Leonard v. Benfield, 243 N.C. 169 (1955)

Nov. 23, 1955 · Supreme Court of North Carolina
243 N.C. 169

RICHARD I. LEONARD v. FLETCHER BENFIELD, Trading and Doing Business as RANDOLPH ELECTRIC MOTOR COMPANY.

(Filed 23 November, 1955.)

1. Master and Servant § 9—

Evidence that plaintiff was employed as manager for defendant’s business in a certain town at a stipulated salary per week, that the work-week contemplated was 44 hours, and that it was agreed that plaintiff should have additional compensation for overtime, together with evidence that plaintiff had worked overtime, is held sufficient to overrule nonsuit in plaintiff’s action to recover compensation for such overtime.

3. Same—

The amount of additional compensation for overtime work, if any, in the absence of specific agreement, is the reasonable worth of the services rendered.

Higgins, J., took no part in the consideration or decision of this case.

Appeal by plaintiff from Armstrong, J., March Term, 1955, of Randolph.

This was an action to recover for services rendered pursuant to contract.

Plaintiff alleged that defendant entered into contract to employ him in the electric motor repair business at a salary of $100 per week of 44 hours and that the contract provided for additional compensation to plaintiff for work in excess of 44 hours per week.

Plaintiff testified, in substance, that such was the agreement, and that pursuant thereto he performed the work for which he was employed for a period of 13 months and that during that period he worked over*170time a total of 694 hours; that he was paid his regular salary but defendant has refused to pay him anything for the overtime claimed.

Plaintiff further testified that he had previously worked for defendant in same business in Lexington, North Carolina, on a weekly basis of 44 hours; that defendant employed him as manager in the place being opened by defendant in Asheboro at $100 per week based on the same number of hours per week; that it was agreed between them if any overtime had to be put in defendant would compensate him for it, and further that defendant would give him an interest in the business if plaintiff worked overtime hours necessary to the successful operation of the business; that plaintiff worked faithfully, and the business was profitable ; that defendant knew plaintiff was working overtime and accepted the benefit of his extra-hour labor. Plaintiff offered in evidence the time book he kept showing his hours of work. He claimed he was entitled to compensation for the 694 hours overtime, reasonably, at same rate per hour as agreed for regular time.

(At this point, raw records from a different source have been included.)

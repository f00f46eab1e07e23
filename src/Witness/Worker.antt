-- ===== src/Witness/Worker.antt =====
-- `WitnessState` and the router of witness-worker/src/worker.js, with witness-worker/src/protocol.js.
use hosting_control_panel.Common.{
  number_text, ℕ, ◌+◌, ◌-◌, ◌*◌, ◌/◌, ◌%◌, Bool, true, false, not, ◌&&◌, ◌||◌, Option, none, some,
  List, [], ◌∷◌, ◌++◌, any, is_empty, length, ltb, leb, ◌==◌, if◌then◌else◌, Text, text, text_eq,
  text_le,
}
use hosting_control_panel.Witness.Platform.{Platform}

abbrev pub is_digit : ℕ → Bool
is_digit c = leb 48 c && leb c 57

abbrev pub is_alnum : ℕ → Bool
is_alnum c = is_digit c || (leb 65 c && leb c 90) || (leb 97 c && leb c 122)

abbrev is_server_unit : ℕ → Bool
is_server_unit c = is_alnum c || (c == b'.') || (c == b'_') || (c == b'-')

-- `SERVER_ID`, `/^[A-Za-z0-9][A-Za-z0-9._-]{0,63}$/`
unfoldable pub valid_server_id : Text → Bool
unfolding any
valid_server_id [] = false
valid_server_id (c ∷ cs) =
    is_alnum c && not (any (λ d. not (is_server_unit d)) cs) && leb (length cs) 63

-- A text of a fixed shape, in which `d` stands for a digit.
unfoldable pub has_shape : Text → Text → Bool
has_shape [] [] = true
has_shape [] (c ∷ cs) = false
has_shape (p ∷ ps) [] = false
has_shape (p ∷ ps) (c ∷ cs) = (if p == b'd' then is_digit c else c == p) && has_shape ps cs

-- `RECOVERY_ID`, `/^\d{4}-\d{2}-\d{2}T\d{2}-\d{2}-\d{2}Z$/`
unfoldable pub valid_recovery_id : Text → Bool
unfolding has_shape text
valid_recovery_id s = has_shape (text "dddd-dd-ddTdd-dd-ddZ") s

-- `boundedSeconds(value, fallback, minimum, maximum)`, of the number that `parseInt` finds.
unfoldable pub bounded_seconds : Option ℕ → ℕ → ℕ → ℕ → ℕ
bounded_seconds none fallback minimum maximum = fallback
bounded_seconds (some n) fallback minimum maximum =
    if leb minimum n && leb n maximum then n else fallback

abbrev hex_digit : ℕ → ℕ
hex_digit n = if ltb n 10 then 48 + n else 87 + n

-- `byte.toString(16).padStart(2, "0")`, joined.
unfoldable pub hex : List ℕ → Text
hex [] = []
hex (byte ∷ bytes) = hex_digit (byte / 16) ∷ hex_digit (byte % 16) ∷ hex bytes

-- The record under the key "state". An absent text is empty.
pub record Witness : Type 0 where
  pub primary_server_id : Text
  pub lease_expires_at : Text
  pub fenced : Bool
  pub fenced_at : Text
  pub last_recovery_id : Text

pub record Receipt : Type 0 where
  pub version : ℕ
  pub status : Text
  pub primary_server_id : Text
  pub recovery_id : Text
  pub method : Text
  pub fenced_at : Text
  pub expires_at : Text
  pub nonce : Text
  pub signature : Text

-- `canonicalReceipt(value)`
unfoldable pub canonical_receipt : Receipt → Text
unfolding number_text
canonical_receipt r =
    number_text r.version
    ++ (b'|' ∷ r.status
        ++ (b'|' ∷ r.primary_server_id
            ++ (b'|' ∷ r.recovery_id
                ++ (b'|' ∷ r.method
                    ++ (b'|' ∷ r.fenced_at ++ (b'|' ∷ r.expires_at ++ (b'|' ∷ r.nonce)))))))

-- The environment of the worker, with the numbers that `parseInt` finds in it.
pub record Env : Type 0 where
  pub lease_ttl : Option ℕ
  pub receipt_ttl : Option ℕ
  pub signing_key : Text
  pub primary_token : Text
  pub standby_token : Text
  pub admin_token : Text

-- The body of a request. An absent text is empty.
pub record Input : Type 0 where
  pub version : ℕ
  pub primary_server_id : Text
  pub recovery_id : Text
  pub confirm : Text

pub data Route : Type 0 where
  lease fence reset unknown : Route

pub data Refusal : Type 0 where
  invalid_request identity_mismatch primary_fenced stale_recovery : Refusal
  confirmation_required unauthorized not_found : Refusal
  lease_active : ℕ → Refusal

pub data Response : Type 0 where
  refused : Refusal → Response
  leased : Text → Response
  fenced_with : Receipt → Response
  was_reset : Response

abbrev pub lease_ttl : Env → ℕ
lease_ttl env = bounded_seconds env.lease_ttl 90 60 300

abbrev pub receipt_ttl : Env → ℕ
receipt_ttl env = bounded_seconds env.receipt_ttl 600 60 900

-- `current.primaryServerId && current.primaryServerId !== input.primaryServerId`
abbrev pub mismatch : Witness → Input → Bool
mismatch w input =
    not (is_empty w.primary_server_id) && not (text_eq w.primary_server_id input.primary_server_id)

-- The branch for `/lease`.
unfoldable pub take_lease : Platform → Env → Witness → Input → ℕ → Witness × Response
take_lease platform env w input now =
    if mismatch w input
    then (w, refused identity_mismatch)
    else if w.fenced
    then (w, refused primary_fenced)
    else let until = platform.iso (now + lease_ttl env * 1000) in
      (
        record {
          primary_server_id = input.primary_server_id;
          lease_expires_at = until;
          fenced = false;
          fenced_at = [];
          last_recovery_id = [];
        },
        leased until,
      )

unfoldable pub unsigned : Platform → Env → Input → ℕ → Text → Receipt
unfolding text
unsigned platform env input now nonce = record {
  version = 1;
  status = text "fenced";
  primary_server_id = input.primary_server_id;
  recovery_id = input.recovery_id;
  method = text "service";
  fenced_at = platform.iso now;
  expires_at = platform.iso (now + receipt_ttl env * 1000);
  nonce = nonce;
  signature = [];
}

-- The receipt with its signature, `hmacHex(SIGNING_KEY, canonicalReceipt(receipt))`.
unfoldable pub signed : Platform → Env → Receipt → Receipt
unfolding hex canonical_receipt
signed platform env r = record r {
  signature = hex (platform.hmac_sha256 env.signing_key (canonical_receipt r));
}

-- The end of a lease that has not passed.
unfoldable pub active_lease : Platform → Witness → ℕ → Option ℕ
active_lease platform w now = elim (platform.date_parse w.lease_expires_at) [
  | none ↦ none
  | some expires ↦ if ltb now expires then some expires else none
]

-- `current.lastRecoveryId && input.recoveryId <= current.lastRecoveryId`
abbrev pub is_stale : Witness → Input → Bool
is_stale w input = not (is_empty w.last_recovery_id) && text_le input.recovery_id w.last_recovery_id

-- The branch for `/fence`. The delay is rounded up to a second.
unfoldable pub take_fence : Platform → Env → Witness → Input → ℕ → Text → Witness × Response
unfolding active_lease unsigned signed
take_fence platform env w input now nonce =
    if not (valid_recovery_id input.recovery_id)
    then (w, refused invalid_request)
    else if mismatch w input
    then (w, refused identity_mismatch)
    else elim (active_lease platform w now) [
      | some expires ↦ (w, refused (lease_active ((expires - now + 999) / 1000)))
      | none ↦ if is_stale w input then (w, refused stale_recovery) else (
        record w {
          primary_server_id = input.primary_server_id;
          fenced = true;
          fenced_at = platform.iso now;
          last_recovery_id = input.recovery_id;
        },
        fenced_with (signed platform env (unsigned platform env input now nonce)),
      )
    ]

-- The branch for `/reset`.
unfoldable pub take_reset : Witness → Input → Witness × Response
unfolding text text_eq
take_reset w input =
    if text_eq input.confirm (text "RESET-FENCING-WITNESS")
    then (
      record {
        primary_server_id = input.primary_server_id;
        lease_expires_at = [];
        fenced = false;
        fenced_at = [];
        last_recovery_id = w.last_recovery_id;
      },
      was_reset,
    )
    else (w, refused confirmation_required)

unfoldable pub respond : Platform → Env → Witness → Route → Input → ℕ → Text → Witness × Response
unfolding take_lease take_fence take_reset
respond platform env w lease input now nonce = take_lease platform env w input now
respond platform env w fence input now nonce = take_fence platform env w input now nonce
respond platform env w reset input now nonce = take_reset w input
respond platform env w unknown input now nonce = (w, refused not_found)

-- `WitnessState.fetch(request)`: `none` is a body that `body(request)` does not take.
unfoldable pub state_fetch :
    Platform → Env → Witness → Route → Option Input → ℕ → Text → Witness × Response
unfolding respond
state_fetch platform env w route none now nonce = (w, refused invalid_request)
state_fetch platform env w route (some input) now nonce =
    if not (input.version == 1) || not (valid_server_id input.primary_server_id)
    then (w, refused invalid_request)
    else respond platform env w route input now nonce

-- The token that a route asks for.
unfoldable pub route_token : Env → Route → Text
route_token env lease = env.primary_token
route_token env fence = env.standby_token
route_token env reset = env.admin_token
route_token env unknown = []

-- The router, on a `POST`. `matches` says whether the request carries a token: `tokenMatches`.
unfoldable pub worker_fetch :
    (Text → Bool) → Platform → Env → Witness → Route → Option Input → ℕ → Text → Witness × Response
unfolding state_fetch route_token
worker_fetch matches platform env w route input now nonce =
    if is_empty (route_token env route)
    then (w, refused not_found)
    else if not (matches (route_token env route))
    then (w, refused unauthorized)
    else state_fetch platform env w route input now nonce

The defendant offered no evidence.

At the close of plaintiff’s evidence, motion for judgment of nonsuit was allowed. From judgment dismissing his action, plaintiff appealed.

Ottway Burton for plaintiff, appellant.

B. E. Bencini, Jr., and Hal H. Walker for defendant, appellee.

Devin, J.

We think the plaintiff has offered evidence sufficient to carry the case to the jury and that there was error in allowing the motion for judgment of nonsuit.

While the plaintiff testified he was employed as manager of defendant’s business in Asheboro at a salary of $100 per week, he alleged and offered evidence tending to show that the work-week contemplated 44 hours and that it was agreed that for overtime plainitff should have additional compensation. The amount of such additional compensation, if any, in the absence of specific agreement, would be the reasonable worth of the services rendered. Turner v. Furniture Co., 217 N.C. 695, 9 S.E. 2d 379; Ray v. Robinson, 216 N.C. 430, 5 S.E. 2d 127; Sawyer v. Cox, 215 N.C. 241, 1 S.E. 2d 562.

Consequent upon the allowance of defendant’s motion for judgment of nonsuit at close of plaintiff’s testimony the defendant offered no evidence. On another hearing other facts may appear, but on this record plaintiff was entitled to have his case submitted to the jury.

Reversed.

Higgins, J., took no part in the consideration or decision of this case.

*171The foregoing opinion was prepared by Devin, Emergency Justice, while he was serving in place of Higgins, J., who was absent on account of his physical condition. It is now adopted by the Court and ordered filed.